Бестолковая же политика правительства, которое то старалось задавить строгими репрессиями все казачество, за исключением горсти реестровых, то, нуждаясь в войске, обращалось к помощи нереестровых даже, случалось, приглашало вступать в казаки всех желающих, — окончательно лишала местную администрацию и помещиков возможности положить предел «украинному своеволию». Давлением военной силы правительство иногда принуждало «непослушных» к повиновению помещикам и старостам, разгоняло «своевольных» казаков и заставляло их бежать в степи или притаиваться на время, но такой «порядок» держался очень недолго. Только в десятилетие перед восстанием Хмельницкого, после больших народных движений 1637—1638 гг., сделаны были серьезные усилия, чтобы задавить казатчину, и это удалось на довольно продолжительное время (почти целое десятилетие); но было слишком поздно: фермент был уже настолько силен, что этот правительственный гнет только увеличил силу народной реакции.
В своей политике по отношению к казачеству правительство имело вообще двоякие мотивы. Так как «набеги казаков на татарские и турецкие земли давали татарам повод оправдывать ими свои набеги, а Турция серьезно грозила за них войною, которая страшно пугала Польшу с ее вечным недостатком денег и войска и казалась неотразимым бедствием, — то временами, под впечатлением этих угроз, правительство хотело во что бы то ни стало задавить казачество и не жалело для этого суровых циркуляров и военных экспедиций. Но вполне задавить казачество было невозможно, потому что казаки уходили в степи, совершенно недоступные польским войскам. Там устроили они себе неприступные убежища на нижнем Днепре, ниже порогов, на островах, которые образует здесь Днепр; одинаково недоступные и для польских войск, и для турецких судов, старавшихся иногда проникнуть сюда с моря, эти острова давали казакам вполне безопасное убежище. Также неприступными были и «уходы» в глубине заднепровских пространств, откуда в особенно тяжелые времена украинские казаки уходили даже за границу, на Дон, в московские земли.
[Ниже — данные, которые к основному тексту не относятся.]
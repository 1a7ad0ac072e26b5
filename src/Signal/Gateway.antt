-- ===== src/Signal/Gateway.antt =====
-- services/gateway/signal_control.py: the queue of commands and the handlers around the controller of
-- Live. The time at which a command is issued is an argument, and the answers are the status codes with
-- the decision that they carry.
pub mod Queue
pub mod Handlers
mod Tests
use marga.Prelude.{
  ℕ, ◌+◌, ◌-◌, String, Bool, true, false, not, Option, none, some, List, [], ◌∷◌, ◌++◌,
  if◌then◌else◌, ltb, length, drop, keep, ◌==◌, string_eq,
}
use marga.Signal.State.{SignalAction, hold, extend_green_5, extend_green_10, next_phase}
use marga.Signal.Live.{
  Result, ok, raises, Error, Graph, Policy, Command, Executor, queue, adapter, or_else,
  SignalControlDecision, Controller, register_executor,
}
use marga.Signal.Live.Decide.{recommend}
use marga.Signal.Live.Execute.{Outcome, is_hold, apply, applied_after, decide_and_apply}

abbrev pub max_pending_commands : ℕ
max_pending_commands = 256

abbrev pub history_length : ℕ
history_length = 10

-- A command with its `issued_at`.
abbrev pub Issued : Type 0
Issued = Command × ℕ

-- `del xs[:-n]` leaves the last `n`.
unfoldable pub last {ℓ} : {A : Type ℓ} → ℕ → List A → List A
last n xs = drop (length xs - n) xs

pub record Gateway : Type 0 where
  pub controller : Controller
  pub pending : List Issued
  pub history : List Issued

abbrev pub is_change : Issued → Bool
is_change k = not (is_hold k.0.action)

-- `_queue_command`
unfoldable pub queue_command : Issued → Gateway → Gateway
unfolding last
queue_command k g =
    let pending = g.pending ++ k ∷ [] in
    record g {
      pending =
          if ltb max_pending_commands (length pending)
          then last max_pending_commands pending
          else pending;
      history = if is_change k then last history_length (g.history ++ k ∷ []) else g.history;
    }

-- `register_signal_executor` connects another sink than the queue, or none.
unfoldable pub register_signal_executor : Option (Command → Option String) → Gateway → Gateway
register_signal_executor none g = record g { controller = register_executor none g.controller }
register_signal_executor (some call) g = record g {
  controller = register_executor (some (adapter call)) g.controller;
}

abbrev pub reset_pending_commands : Gateway → Gateway
reset_pending_commands g = record g { pending = []; history = [] }

-- `drain_pending_commands` empties the queue and returns what it held.
abbrev pub drain_pending_commands : Gateway → Gateway × List Issued
drain_pending_commands g = (record g { pending = [] }, g.pending)

-- A command reaches the queue where the queue is the executor.
abbrev pub delivered : Option Executor → Option Command → ℕ → Gateway → Gateway
delivered (some queue) (some k) now g = queue_command (k, now) g
delivered _ _ now g = g

-- What a call of the controller does to the gateway.
unfoldable pub absorb : ℕ → Outcome → Gateway → Gateway × Result SignalControlDecision
unfolding queue_command
absorb now (c, sent, result) g =
    (delivered g.controller.executor sent now (record g { controller = c }), result)

pub data Answer : Type 0 where
  success : SignalControlDecision → Answer
  conflict : Error → Answer
  other_junction : Answer
  unknown_action : Answer

abbrev pub answer : Result SignalControlDecision → Answer
answer (ok d) = success d
answer (raises e) = conflict e

abbrev pub recommended : Graph → Bool → Controller × Result SignalControlDecision → Outcome
recommended graph true r = applied_after graph r
recommended graph false (c, r) = (c, none, r)

abbrev pub answered :
    (Result SignalControlDecision → Answer)
    → Gateway × Result SignalControlDecision
    → Gateway × Answer
answered f (g, r) = (g, f r)

-- `recommend`; `apply_it` is the flag of the request, `false` where there is no body.
unfoldable pub recommend_handler :
    Graph → Policy → ℕ → ℕ → String → Bool → Gateway → Gateway × Answer
unfolding recommend apply absorb
recommend_handler graph policy i now j apply_it g =
    answered answer
      (absorb now (recommended graph apply_it (recommend graph policy i j none g.controller)) g)

-- The values of `SignalAction`.
unfoldable pub parse_action : String → Option SignalAction
parse_action text =
    if text == "HOLD"
    then some hold
    else if text == "EXTEND_GREEN_5"
    then some extend_green_5
    else if text == "EXTEND_GREEN_10"
    then some extend_green_10
    else if text == "NEXT_PHASE"
    then some next_phase
    else none

pub record ApplyRequest : Type 0 where
  pub decision_id : Option ℕ
  pub action : Option String

-- The check of the junction, after the call.
abbrev pub answer_for : String → Result SignalControlDecision → Answer
answer_for j (raises e) = conflict e
answer_for j (ok d) = if d.junction_id == j then success d else other_junction

-- An empty text is no action.
abbrev pub named_action : Option String → Option String
named_action none = none
named_action (some text) = if text == "" then none else some text

unfoldable pub apply_action :
    Graph → Policy → ℕ → ℕ → String → Option String → Gateway → Gateway × Answer
unfolding recommend apply decide_and_apply absorb parse_action
apply_action graph policy i now j none g =
    answered (answer_for j) (absorb now (decide_and_apply graph policy i j g.controller) g)
apply_action graph policy i now j (some text) g = elim (parse_action text) [
  | none ↦ (g, unknown_action)
  | some a ↦
      answered (answer_for j)
        (absorb now (applied_after graph (recommend graph policy i j (some a) g.controller)) g)
]

-- `apply`
unfoldable pub apply_handler :
    Graph → Policy → ℕ → ℕ → String → ApplyRequest → Gateway → Gateway × Answer
unfolding apply absorb apply_action
apply_handler graph policy i now j request g = elim request.decision_id [
  | some n ↦ answered (answer_for j) (absorb now (apply graph n g.controller) g)
  | none ↦ apply_action graph policy i now j (named_action request.action) g
]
Таким образом, в наилучшем случае польским войскам удавалось очистить от своевольного украинского казачества только заселенные пространства Поднепровья, так называемую тогда «волость», но не уничтожить казачество совершенно.
Однако, с другой стороны, польское правительство не могло серьезно полагаться на уверения татар, что их набеги прекратятся с прекращением казацких нападений, и так как казаки служили собственно главною, а иногда и единственной защитою Восточной Украины от татар, то правительство полного уничтожения казачества никогда не желало. По своей дешевизне и сноровке, отваге и выносливости это были незаменимые войска, и известную часть казачества, более дисциплинированную, правительство всегда желало оставить для государственной службы. Эта легальная часть казаков, по планам правительства, должна была служить также для обуздания остальной, своевольной массы казачества, удерживать ее в повиновении и не допускать ее походов на чужие земли.
Но тут вечное безденежье польской казны создавало новые трудности: правительство не имело средств взять на жалованье более значительное число казаков; оно брало их на службу одну-две тысячи, самое большее, да и тем платило так плохо и неисправно, что они должны были искать себе иных источников пропитания. По этой причине даже этих служилых, «реестровых» нельзя было содержать в послушании и дисциплине, а о том, чтобы сделать их действительными блюстителями порядка на Украине, нечего было и думать. С несколькими сотнями реестровых нельзя было ни организовать обороны Украины, ни удержать массы нереестрового казачества. В интересах обороны польские старосты и военачальники были вынуждены постоянно обращаться к помощи нереестровых; часто обращалось к ним, как было сказано, и само центральное правительство, и это все, конечно, превращало, в пустой звук проекты обуздания украинского своеволия. Вообще польские правящие сферы не были ни достаточно сильны, ни достаточно дальновидны, чтобы или уничтожить казачество, или дисциплинировать и организовать его (Восточной Украине они вообще очень мало уделяли внимания в своей внутренней политике). Репрессии и кровопролития не останавливали роста казачества и лишь раздражали его наиболее воинственную часть.